#### Stored data
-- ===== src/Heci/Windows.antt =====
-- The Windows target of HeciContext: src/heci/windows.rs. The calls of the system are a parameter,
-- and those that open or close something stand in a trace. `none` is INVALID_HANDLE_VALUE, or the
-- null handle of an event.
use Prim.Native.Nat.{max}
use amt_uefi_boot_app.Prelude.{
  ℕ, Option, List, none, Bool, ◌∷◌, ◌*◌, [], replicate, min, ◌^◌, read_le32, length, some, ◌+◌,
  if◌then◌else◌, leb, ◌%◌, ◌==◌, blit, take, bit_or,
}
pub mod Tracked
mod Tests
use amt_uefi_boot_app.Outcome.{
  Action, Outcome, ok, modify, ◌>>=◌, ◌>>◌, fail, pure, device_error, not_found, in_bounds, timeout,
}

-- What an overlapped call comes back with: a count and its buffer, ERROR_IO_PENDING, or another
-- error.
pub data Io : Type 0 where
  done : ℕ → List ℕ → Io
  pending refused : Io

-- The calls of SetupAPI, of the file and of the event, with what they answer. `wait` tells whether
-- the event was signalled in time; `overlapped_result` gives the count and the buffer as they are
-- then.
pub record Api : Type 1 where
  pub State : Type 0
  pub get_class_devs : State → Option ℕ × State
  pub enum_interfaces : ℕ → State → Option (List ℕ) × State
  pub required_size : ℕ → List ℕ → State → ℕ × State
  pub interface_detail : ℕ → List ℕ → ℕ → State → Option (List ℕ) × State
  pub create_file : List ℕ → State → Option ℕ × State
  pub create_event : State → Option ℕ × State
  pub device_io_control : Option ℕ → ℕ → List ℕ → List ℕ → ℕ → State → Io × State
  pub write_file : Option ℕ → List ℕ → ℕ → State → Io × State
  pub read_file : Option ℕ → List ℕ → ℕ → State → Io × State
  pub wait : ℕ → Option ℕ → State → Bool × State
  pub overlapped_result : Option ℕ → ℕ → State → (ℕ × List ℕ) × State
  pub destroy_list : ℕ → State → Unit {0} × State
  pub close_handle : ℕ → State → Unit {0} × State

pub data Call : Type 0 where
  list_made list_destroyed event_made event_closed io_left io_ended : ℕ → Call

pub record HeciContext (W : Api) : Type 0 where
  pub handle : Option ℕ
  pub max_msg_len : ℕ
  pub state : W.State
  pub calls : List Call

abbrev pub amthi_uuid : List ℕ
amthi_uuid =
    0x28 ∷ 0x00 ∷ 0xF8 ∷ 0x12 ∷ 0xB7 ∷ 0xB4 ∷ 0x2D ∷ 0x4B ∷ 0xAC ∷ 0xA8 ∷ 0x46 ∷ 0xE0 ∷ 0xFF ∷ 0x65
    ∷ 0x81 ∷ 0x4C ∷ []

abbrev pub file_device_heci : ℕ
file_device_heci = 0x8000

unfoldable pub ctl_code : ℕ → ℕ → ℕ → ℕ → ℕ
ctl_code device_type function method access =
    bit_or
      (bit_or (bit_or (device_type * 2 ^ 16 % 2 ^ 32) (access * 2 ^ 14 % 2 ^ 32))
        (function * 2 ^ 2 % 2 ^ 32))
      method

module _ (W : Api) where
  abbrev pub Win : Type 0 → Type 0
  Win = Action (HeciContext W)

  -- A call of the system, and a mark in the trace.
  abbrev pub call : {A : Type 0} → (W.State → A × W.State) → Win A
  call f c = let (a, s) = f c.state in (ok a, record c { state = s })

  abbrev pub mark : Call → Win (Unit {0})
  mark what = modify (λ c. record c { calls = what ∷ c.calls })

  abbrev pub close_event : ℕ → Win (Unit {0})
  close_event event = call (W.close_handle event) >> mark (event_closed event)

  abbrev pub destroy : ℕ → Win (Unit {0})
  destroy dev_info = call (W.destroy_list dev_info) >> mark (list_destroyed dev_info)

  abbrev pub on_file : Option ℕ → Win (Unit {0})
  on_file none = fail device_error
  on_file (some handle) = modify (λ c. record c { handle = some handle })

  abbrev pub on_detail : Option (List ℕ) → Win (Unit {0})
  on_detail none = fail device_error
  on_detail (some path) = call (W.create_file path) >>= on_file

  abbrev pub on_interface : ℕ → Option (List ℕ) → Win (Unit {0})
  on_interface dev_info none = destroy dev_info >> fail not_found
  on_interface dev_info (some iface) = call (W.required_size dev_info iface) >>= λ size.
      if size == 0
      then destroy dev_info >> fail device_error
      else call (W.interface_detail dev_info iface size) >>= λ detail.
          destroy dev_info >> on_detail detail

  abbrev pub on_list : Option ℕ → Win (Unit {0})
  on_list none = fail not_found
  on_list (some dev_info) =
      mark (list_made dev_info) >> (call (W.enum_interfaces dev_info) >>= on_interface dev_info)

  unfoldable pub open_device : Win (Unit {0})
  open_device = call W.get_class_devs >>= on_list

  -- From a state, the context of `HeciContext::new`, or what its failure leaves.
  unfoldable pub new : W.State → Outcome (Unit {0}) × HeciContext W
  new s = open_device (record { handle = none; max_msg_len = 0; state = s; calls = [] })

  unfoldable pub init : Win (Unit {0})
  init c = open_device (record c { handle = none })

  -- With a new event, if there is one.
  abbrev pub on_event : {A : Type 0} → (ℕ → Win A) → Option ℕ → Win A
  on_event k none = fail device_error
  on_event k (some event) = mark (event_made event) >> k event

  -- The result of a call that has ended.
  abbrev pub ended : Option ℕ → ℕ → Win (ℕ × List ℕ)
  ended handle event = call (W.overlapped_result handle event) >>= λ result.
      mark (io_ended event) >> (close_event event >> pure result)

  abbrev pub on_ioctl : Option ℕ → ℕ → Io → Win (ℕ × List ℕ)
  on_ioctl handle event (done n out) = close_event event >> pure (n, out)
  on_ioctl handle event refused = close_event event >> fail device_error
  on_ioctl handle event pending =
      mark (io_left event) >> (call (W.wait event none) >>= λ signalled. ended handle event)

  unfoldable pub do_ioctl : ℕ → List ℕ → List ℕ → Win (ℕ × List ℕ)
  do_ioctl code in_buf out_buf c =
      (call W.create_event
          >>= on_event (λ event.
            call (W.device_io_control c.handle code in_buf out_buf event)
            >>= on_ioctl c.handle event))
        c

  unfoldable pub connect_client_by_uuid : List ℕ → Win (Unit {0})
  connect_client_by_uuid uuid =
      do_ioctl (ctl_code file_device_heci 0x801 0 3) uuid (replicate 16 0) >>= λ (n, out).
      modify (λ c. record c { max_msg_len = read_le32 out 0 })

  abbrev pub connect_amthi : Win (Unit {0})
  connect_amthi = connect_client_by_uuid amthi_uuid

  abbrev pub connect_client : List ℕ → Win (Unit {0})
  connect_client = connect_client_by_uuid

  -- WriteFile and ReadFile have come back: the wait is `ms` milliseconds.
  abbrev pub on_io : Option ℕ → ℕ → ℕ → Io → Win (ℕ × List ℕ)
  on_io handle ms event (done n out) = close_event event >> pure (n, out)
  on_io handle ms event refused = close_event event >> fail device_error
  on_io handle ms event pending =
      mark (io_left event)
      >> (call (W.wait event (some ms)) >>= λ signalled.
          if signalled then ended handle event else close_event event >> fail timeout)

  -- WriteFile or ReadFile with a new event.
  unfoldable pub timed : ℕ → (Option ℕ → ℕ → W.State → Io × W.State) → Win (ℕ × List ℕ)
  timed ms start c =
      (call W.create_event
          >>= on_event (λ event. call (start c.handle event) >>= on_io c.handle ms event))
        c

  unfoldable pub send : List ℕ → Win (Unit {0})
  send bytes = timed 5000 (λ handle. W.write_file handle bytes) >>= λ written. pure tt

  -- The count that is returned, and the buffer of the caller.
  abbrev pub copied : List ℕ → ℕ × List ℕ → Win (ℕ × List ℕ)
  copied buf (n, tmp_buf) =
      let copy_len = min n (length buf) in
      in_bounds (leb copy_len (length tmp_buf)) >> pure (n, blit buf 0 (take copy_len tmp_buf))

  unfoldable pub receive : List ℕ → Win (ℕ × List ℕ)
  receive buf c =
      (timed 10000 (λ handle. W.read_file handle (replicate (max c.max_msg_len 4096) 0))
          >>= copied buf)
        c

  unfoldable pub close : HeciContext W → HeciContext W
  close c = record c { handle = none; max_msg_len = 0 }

#### Exercise brief
Using the data above, restate word for word the lines from its opening line through the line that contains "-- The calls", and no more.

#### Solution to this problem
-- ===== src/Heci/Windows.antt =====
-- The Windows target of HeciContext: src/heci/windows.rs. The calls of the system are a parameter,
-- and those that open or close something stand in a trace. `none` is INVALID_HANDLE_VALUE, or the
-- null handle of an event.
use Prim.Native.Nat.{max}
use amt_uefi_boot_app.Prelude.{
  ℕ, Option, List, none, Bool, ◌∷◌, ◌*◌, [], replicate, min, ◌^◌, read_le32, length, some, ◌+◌,
  if◌then◌else◌, leb, ◌%◌, ◌==◌, blit, take, bit_or,
}
pub mod Tracked
mod Tests
use amt_uefi_boot_app.Outcome.{
  Action, Outcome, ok, modify, ◌>>=◌, ◌>>◌, fail, pure, device_error, not_found, in_bounds, timeout,
}

-- What an overlapped call comes back with: a count and its buffer, ERROR_IO_PENDING, or another
-- error.
pub data Io : Type 0 where
  done : ℕ → List ℕ → Io
  pending refused : Io

-- The calls of SetupAPI, of the file and of the event, with what they answer. `wait` tells whether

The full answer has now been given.